A brassie was the rough equivalent of a two-wood.

Wooden said he kept the card and has it stored somewhere. He said he remembers the local paper running a little story the next day. He also retains his typical self-effacing humor about this feat.

“I shot a 77 that day,” he said. “You go five under on two holes and a 77 doesn’t look all that good.”

Wooden said that his love of golf is right up there with that of his favorite sport, baseball. It also bridges several generations. He said he has fond memories of walking a course a few years ago with Tiger Woods, and fond memories of watching Byron Nelson play in a tour event in South Bend in 1948.

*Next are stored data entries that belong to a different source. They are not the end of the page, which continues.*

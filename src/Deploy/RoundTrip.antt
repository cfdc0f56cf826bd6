-- ===== src/Deploy/RoundTrip.antt =====
-- What a token of apps/api/src/deploy-confirmation-authority.ts stands for.
use ollama_remote_control.Prelude.{
  ◌+◌, ◌*◌, ◌≤◌, ◌<◌, ◌≡◌, refl, ap, true, false, not, ◌||◌, Option, none, some, [], ◌∷◌, ◌++◌,
  arith, any, ok, length, ltb,
}
use ollama_remote_control.Modelfile.Chars.{Text, is_empty}
use ollama_remote_control.Deploy.Authority.{
  DeployConfirmationAuthority, JsonNumber, TokenPayload, payload, token_prefix, is_hex_digit,
  is_url_char, is_digest, is_nonce, valid_authority, to_lower, create_deploy_confirmation_token,
  authority_of_payload, is_encoded, parse_deploy_confirmation_token, digest_json, size_json,
  digest_of, size_of,
}

-- Lower case does not change a digest.
lower-digits : (t : Text) → any (λ c. not (is_hex_digit c)) t ≡ false → to_lower t ≡ t
unfolding any to_lower
lower-digits [] h = refl
lower-digits (c ∷ cs) h = ground (arith, lower-digits cs)

digest_of-digest_json :
    (o : Option Text) → ((t : Text) → o ≡ some t → to_lower t ≡ t) → digest_of (digest_json o) ≡ o
digest_of-digest_json none same = refl
digest_of-digest_json (some t) same = ap some (same t refl)

size_of-size_json : (o : Option JsonNumber) → size_of (size_json o) ≡ o
size_of-size_json none = refl
size_of-size_json (some k) = refl

lower-digest :
    (a : DeployConfirmationAuthority) (t : Text)
    → valid_authority a ≡ true
    → a.existing_destination_digest ≡ some t
    → to_lower t ≡ t
unfolding valid_authority is_digest
lower-digest a t valid digest = ground (arith, lower-digits t)

payload-authority :
    (a : DeployConfirmationAuthority) (nonce : Text)
    → valid_authority a ≡ true
    → is_nonce nonce ≡ true
    → authority_of_payload (some (payload a nonce)) ≡ some a
unfolding authority_of_payload
payload-authority a nonce valid fresh =
    let digest =
      digest_of-digest_json a.existing_destination_digest (λ t. lower-digest a t valid) in
    let size = size_of-size_json a.existing_destination_size_bytes in
    rw (fresh, digest, size, valid) refl

-- What the code relies on of base64url: its characters, and four of them for three bytes.
pub record IsBase64url (base64url : Text → Text) : Type 0 where
  pub alphabet : (b : Text) → any (λ c. not (is_url_char c)) (base64url b) ≡ false
  pub at_least : (b : Text) → 4 * length b ≤ 3 * length (base64url b)
  pub at_most : (b : Text) → 3 * length (base64url b) ≤ 4 * length b + 2

module _ (base64url : Text → Text) (encoder : IsBase64url base64url) where
  -- 32 random bytes make a nonce.
  random-is_nonce : (random : Text) → length random ≡ 32 → is_nonce (base64url random) ≡ true
  unfolding is_nonce
  random-is_nonce random size =
      ground (arith, encoder.alphabet random, encoder.at_least random, encoder.at_most random)

  nonce-length : (random : Text) → length random ≡ 32 → length (base64url random) ≡ 43
  nonce-length random size = omega (arith, encoder.at_least random, encoder.at_most random)

  -- The encoded form of a short text fits into a token.
  short-is_encoded : (t : Text) → 0 < length t → length t ≤ 576 → is_encoded (base64url t) ≡ true
  unfolding is_encoded
  short-is_encoded t some_bytes short =
      let few : length (base64url t) ≤ 768 = omega (arith, encoder.at_most t) in
      let more : 0 < length (base64url t) = omega (arith, encoder.at_least t) in
      fits (base64url t) (encoder.alphabet t) more few
    where
      fits :
          (e : Text)
          → any (λ c. not (is_url_char c)) e ≡ false
          → 0 < length e
          → length e ≤ 768
          → not (is_empty e || ltb 768 (length e) || any (λ c. not (is_url_char c)) e) ≡ true
      fits [] good more few = absurd (omega arith)
      fits (c ∷ cs) good more few = ground arith

-- A token that is created for a valid authority is read back as that authority. The nonce is the base64url form of
-- 32 bytes, and the payload that of a JSON text, which is not empty, has at most 110 characters besides the nonce
-- (30 of its own, 64 of a digest, 16 of a size), and is decoded to the payload.
pub parse_deploy_confirmation_token-create :
    (json : TokenPayload → Text) (base64url : Text → Text) (decode : Text → Option TokenPayload)
    (random : Text) (a : DeployConfirmationAuthority)
    → IsBase64url base64url
    → length random ≡ 32
    → valid_authority a ≡ true
    → 0 < length (json (payload a (base64url random)))
    → length (json (payload a (base64url random))) ≤ 110 + length (base64url random)
    → decode (base64url (json (payload a (base64url random)))) ≡ some (payload a (base64url random))
    → (token : Text) × (create_deploy_confirmation_token
          (λ p. base64url (json p))
          (base64url random)
          a
        ≡ ok token)
      × (parse_deploy_confirmation_token decode token ≡ some a)
unfolding create_deploy_confirmation_token parse_deploy_confirmation_token
parse_deploy_confirmation_token-create json base64url decode random a encoder size valid nonempty
      short decodes =
    let nonce = base64url random in
    let fresh = random-is_nonce base64url encoder random size in
    let small : length (json (payload a nonce)) ≤ 576 =
      omega (arith, short, nonce-length base64url encoder random size) in
    let form = short-is_encoded base64url encoder (json (payload a nonce)) nonempty small in
    (
      token_prefix ++ base64url (json (payload a nonce)),
      rw valid refl,
      rw (form, decodes) (payload-authority a nonce valid fresh),
    )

“He won the tournament,” Wooden recalled, “but he shot one shot more each day. I remember one of the sportswriters writing that was because the divots got an inch deeper every day.”

Pettersson was asked Monday if he had heard of anybody making a hole in one and a double eagle in the same round. His eyes got wide and he shook his head. He was told it had been done by John Wooden.

“The old basketball coach?” he asked. And his eyes got wide again.

It turns out that the ace/double-eagle combo had been achieved much closer for Pettersson’s memory than Wooden’s feat 63 years ago.

One of the four double eagles listed for 2009 in the official PGA guide was by Nicholas Thompson, who achieved it three months ago at the Frys.com Open in Scottsdale, Ariz. In that same round, two holes later, Thompson made a hole in one.

Thompson shot a 65 that late October day, posted his only top-10 finish of the year and, partly because of that three-hole spree of five under par, managed to keep his ranking in the tour’s top 125 and keep his card for this season.

He wasn’t at the Bob Hope on Monday. He had missed the cut by two shots.

Or, as golf lore should start listing it, he had missed by 40% of a John Wooden.